**MATERIAL FOR THE TASK:**
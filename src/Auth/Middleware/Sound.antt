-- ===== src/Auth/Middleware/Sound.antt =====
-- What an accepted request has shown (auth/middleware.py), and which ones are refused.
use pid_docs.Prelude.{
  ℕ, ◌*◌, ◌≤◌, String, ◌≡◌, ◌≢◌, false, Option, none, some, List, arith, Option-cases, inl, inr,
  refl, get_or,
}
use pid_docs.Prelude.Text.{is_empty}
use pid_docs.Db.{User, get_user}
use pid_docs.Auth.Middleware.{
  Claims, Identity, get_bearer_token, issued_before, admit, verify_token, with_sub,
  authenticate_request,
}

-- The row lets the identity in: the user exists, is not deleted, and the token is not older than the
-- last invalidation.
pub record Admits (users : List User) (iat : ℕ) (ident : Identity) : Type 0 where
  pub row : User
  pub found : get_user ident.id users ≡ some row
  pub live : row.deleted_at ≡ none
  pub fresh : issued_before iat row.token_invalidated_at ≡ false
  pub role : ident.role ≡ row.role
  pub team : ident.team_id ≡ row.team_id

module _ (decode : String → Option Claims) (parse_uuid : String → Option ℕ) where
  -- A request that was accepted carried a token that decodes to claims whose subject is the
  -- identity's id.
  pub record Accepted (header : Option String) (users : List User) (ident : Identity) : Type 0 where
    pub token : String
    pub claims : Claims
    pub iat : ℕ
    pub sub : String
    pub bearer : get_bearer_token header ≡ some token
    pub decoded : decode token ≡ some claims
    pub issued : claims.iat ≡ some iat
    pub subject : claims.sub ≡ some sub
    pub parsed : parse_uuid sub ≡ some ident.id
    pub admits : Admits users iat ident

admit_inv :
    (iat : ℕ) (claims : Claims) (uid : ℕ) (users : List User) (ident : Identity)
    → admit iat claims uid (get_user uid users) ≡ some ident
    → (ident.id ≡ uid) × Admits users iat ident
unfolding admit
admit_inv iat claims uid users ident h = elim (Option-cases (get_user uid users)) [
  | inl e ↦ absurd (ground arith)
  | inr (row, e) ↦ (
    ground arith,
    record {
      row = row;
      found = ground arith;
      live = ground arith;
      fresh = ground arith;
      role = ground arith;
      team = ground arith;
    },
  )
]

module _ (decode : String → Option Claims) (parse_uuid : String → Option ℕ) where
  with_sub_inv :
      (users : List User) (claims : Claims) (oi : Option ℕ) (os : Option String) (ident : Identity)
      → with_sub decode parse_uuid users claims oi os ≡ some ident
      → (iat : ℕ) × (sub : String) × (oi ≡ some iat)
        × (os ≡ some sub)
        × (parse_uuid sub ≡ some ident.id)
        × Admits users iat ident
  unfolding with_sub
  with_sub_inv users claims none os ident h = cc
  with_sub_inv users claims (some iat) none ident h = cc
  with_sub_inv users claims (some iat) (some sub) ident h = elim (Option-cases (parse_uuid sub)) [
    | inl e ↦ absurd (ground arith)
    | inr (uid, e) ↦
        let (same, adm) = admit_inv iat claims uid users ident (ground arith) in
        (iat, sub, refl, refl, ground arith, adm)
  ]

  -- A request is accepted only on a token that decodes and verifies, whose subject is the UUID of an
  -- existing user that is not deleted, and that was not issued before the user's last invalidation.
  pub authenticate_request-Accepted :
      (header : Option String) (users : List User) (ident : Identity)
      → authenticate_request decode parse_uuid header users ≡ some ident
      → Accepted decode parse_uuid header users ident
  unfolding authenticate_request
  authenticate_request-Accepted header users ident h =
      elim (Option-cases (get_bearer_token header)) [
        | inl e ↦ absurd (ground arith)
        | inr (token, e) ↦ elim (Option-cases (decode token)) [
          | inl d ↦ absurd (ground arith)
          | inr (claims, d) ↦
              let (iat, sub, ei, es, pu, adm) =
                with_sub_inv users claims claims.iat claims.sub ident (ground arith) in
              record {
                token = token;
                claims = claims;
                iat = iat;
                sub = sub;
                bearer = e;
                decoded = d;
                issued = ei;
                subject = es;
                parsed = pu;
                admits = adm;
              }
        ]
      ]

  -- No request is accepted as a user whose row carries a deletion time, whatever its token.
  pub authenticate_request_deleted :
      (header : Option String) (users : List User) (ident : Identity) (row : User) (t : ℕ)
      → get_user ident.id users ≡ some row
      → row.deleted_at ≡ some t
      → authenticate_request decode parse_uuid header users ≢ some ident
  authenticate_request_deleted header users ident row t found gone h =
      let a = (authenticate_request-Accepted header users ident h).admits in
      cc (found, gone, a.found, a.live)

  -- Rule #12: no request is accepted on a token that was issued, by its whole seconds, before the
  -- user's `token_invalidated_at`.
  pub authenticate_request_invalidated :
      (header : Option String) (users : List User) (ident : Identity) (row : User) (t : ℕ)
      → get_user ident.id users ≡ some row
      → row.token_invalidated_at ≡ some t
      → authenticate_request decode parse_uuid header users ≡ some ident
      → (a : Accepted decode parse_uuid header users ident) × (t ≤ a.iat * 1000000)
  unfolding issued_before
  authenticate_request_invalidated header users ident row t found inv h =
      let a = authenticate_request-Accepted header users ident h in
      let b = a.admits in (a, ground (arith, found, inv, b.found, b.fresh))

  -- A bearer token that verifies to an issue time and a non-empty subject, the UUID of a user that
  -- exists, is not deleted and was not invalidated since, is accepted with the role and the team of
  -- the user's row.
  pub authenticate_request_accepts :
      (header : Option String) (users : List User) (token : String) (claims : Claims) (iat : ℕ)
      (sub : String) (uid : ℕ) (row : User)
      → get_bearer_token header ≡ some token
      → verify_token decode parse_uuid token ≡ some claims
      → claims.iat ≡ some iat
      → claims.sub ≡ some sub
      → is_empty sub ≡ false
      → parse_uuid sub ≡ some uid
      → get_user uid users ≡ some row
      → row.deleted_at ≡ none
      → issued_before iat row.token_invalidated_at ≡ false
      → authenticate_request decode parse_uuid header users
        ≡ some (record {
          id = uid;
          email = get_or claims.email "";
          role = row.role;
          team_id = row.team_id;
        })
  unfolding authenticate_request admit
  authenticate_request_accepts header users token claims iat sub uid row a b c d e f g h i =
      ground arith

**REQUIREMENT:** Copy every line above without changes.

**WRITTEN SOLUTION:**
filename src/Auth/Middleware/Sound.antt
-- ===== src/Auth/Middleware/Sound.antt =====
-- What an accepted request has shown (auth/middleware.py), and which ones are refused.
use pid_docs.Prelude.{
  ℕ, ◌*◌, ◌≤◌, String, ◌≡◌, ◌≢◌, false, Option, none, some, List, arith, Option-cases, inl, inr,
  refl, get_or,
}
use pid_docs.Prelude.Text.{is_empty}
use pid_docs.Db.{User, get_user}
use pid_docs.Auth.Middleware.{
  Claims, Identity, get_bearer_token, issued_before, admit, verify_token, with_sub,
  authenticate_request,
}

-- The row lets the identity in: the user exists, is not deleted, and the token is not older than the
-- last invalidation.
pub record Admits (users : List User) (iat : ℕ) (ident : Identity) : Type 0 where
  pub row : User
  pub found : get_user ident.id users ≡ some row
  pub live : row.deleted_at ≡ none
  pub fresh : issued_before iat row.token_invalidated_at ≡ false
  pub role : ident.role ≡ row.role
  pub team : ident.team_id ≡ row.team_id

module _ (decode : String → Option Claims) (parse_uuid : String → Option ℕ) where
  -- A request that was accepted carried a token that decodes to claims whose subject is the
  -- identity's id.
  pub record Accepted (header : Option String) (users : List User) (ident : Identity) : Type 0 where
    pub token : String
    pub claims : Claims
    pub iat : ℕ
    pub sub : String
    pub bearer : get_bearer_token header ≡ some token
    pub decoded : decode token ≡ some claims
    pub issued : claims.iat ≡ some iat
    pub subject : claims.sub ≡ some sub
    pub parsed : parse_uuid sub ≡ some ident.id
    pub admits : Admits users iat ident

admit_inv :
    (iat : ℕ) (claims : Claims) (uid : ℕ) (users : List User) (ident : Identity)
    → admit iat claims uid (get_user uid users) ≡ some ident
    → (ident.id ≡ uid) × Admits users iat ident
unfolding admit
admit_inv iat claims uid users ident h = elim (Option-cases (get_user uid users)) [
  | inl e ↦ absurd (ground arith)
  | inr (row, e) ↦ (
    ground arith,
    record {
      row = row;
      found = ground arith;
      live = ground arith;
      fresh = ground arith;
      role = ground arith;
      team = ground arith;
    },
  )
]

module _ (decode : String → Option Claims) (parse_uuid : String → Option ℕ) where
  with_sub_inv :
      (users : List User) (claims : Claims) (oi : Option ℕ) (os : Option String) (ident : Identity)
      → with_sub decode parse_uuid users claims oi os ≡ some ident
      → (iat : ℕ) × (sub : String) × (oi ≡ some iat)
        × (os ≡ some sub)
        × (parse_uuid sub ≡ some ident.id)
        × Admits users iat ident
  unfolding with_sub
  with_sub_inv users claims none os ident h = cc
  with_sub_inv users claims (some iat) none ident h = cc
  with_sub_inv users claims (some iat) (some sub) ident h = elim (Option-cases (parse_uuid sub)) [
    | inl e ↦ absurd (ground arith)
    | inr (uid, e) ↦
        let (same, adm) = admit_inv iat claims uid users ident (ground arith) in
        (iat, sub, refl, refl, ground arith, adm)
  ]

  -- A request is accepted only on a token that decodes and verifies, whose subject is the UUID of an
  -- existing user that is not deleted, and that was not issued before the user's last invalidation.
  pub authenticate_request-Accepted :
      (header : Option String) (users : List User) (ident : Identity)
      → authenticate_request decode parse_uuid header users ≡ some ident
      → Accepted decode parse_uuid header users ident
  unfolding authenticate_request
  authenticate_request-Accepted header users ident h =
      elim (Option-cases (get_bearer_token header)) [
        | inl e ↦ absurd (ground arith)
        | inr (token, e) ↦ elim (Option-cases (decode token)) [
          | inl d ↦ absurd (ground arith)
          | inr (claims, d) ↦
              let (iat, sub, ei, es, pu, adm) =
                with_sub_inv users claims claims.iat claims.sub ident (ground arith) in
              record {
                token = token;
                claims = claims;
                iat = iat;
                sub = sub;
                bearer = e;
                decoded = d;
                issued = ei;
                subject = es;
                parsed = pu;
                admits = adm;
              }
        ]
      ]

  -- No request is accepted as a user whose row carries a deletion time, whatever its token.
  pub authenticate_request_deleted :
      (header : Option String) (users : List User) (ident : Identity) (row : User) (t : ℕ)
      → get_user ident.id users ≡ some row
      → row.deleted_at ≡ some t
      → authenticate_request decode parse_uuid header users ≢ some ident
  authenticate_request_deleted header users ident row t found gone h =
      let a = (authenticate_request-Accepted header users ident h).admits in
      cc (found, gone, a.found, a.live)

  -- Rule #12: no request is accepted on a token that was issued, by its whole seconds, before the
  -- user's `token_invalidated_at`.
  pub authenticate_request_invalidated :
      (header : Option String) (users : List User) (ident : Identity) (row : User) (t : ℕ)
      → get_user ident.id users ≡ some row
      → row.token_invalidated_at ≡ some t
      → authenticate_request decode parse_uuid header users ≡ some ident
      → (a : Accepted decode parse_uuid header users ident) × (t ≤ a.iat * 1000000)
  unfolding issued_before
  authenticate_request_invalidated header users ident row t found inv h =
      let a = authenticate_request-Accepted header users ident h in
      let b = a.admits in (a, ground (arith, found, inv, b.found, b.fresh))

  -- A bearer token that verifies to an issue time and a non-empty subject, the UUID of a user that
  -- exists, is not deleted and was not invalidated since, is accepted with the role and the team of
  -- the user's row.
  pub authenticate_request_accepts :
      (header : Option String) (users : List User) (token : String) (claims : Claims) (iat : ℕ)
      (sub : String) (uid : ℕ) (row : User)
      → get_bearer_token header ≡ some token
      → verify_token decode parse_uuid token ≡ some claims
      → claims.iat ≡ some iat
      → claims.sub ≡ some sub
      → is_empty sub ≡ false
      → parse_uuid sub ≡ some uid
      → get_user uid users ≡ some row
      → row.deleted_at ≡ none
      → issued_before iat row.token_invalidated_at ≡ false
      → authenticate_request decode parse_uuid header users
        ≡ some (record {
          id = uid;
          email = get_or claims.email "";
          role = row.role;
          team_id = row.team_id;
        })
  unfolding authenticate_request admit
  authenticate_request_accepts header users token claims iat sub uid row a b c d e f g h i =
      ground arith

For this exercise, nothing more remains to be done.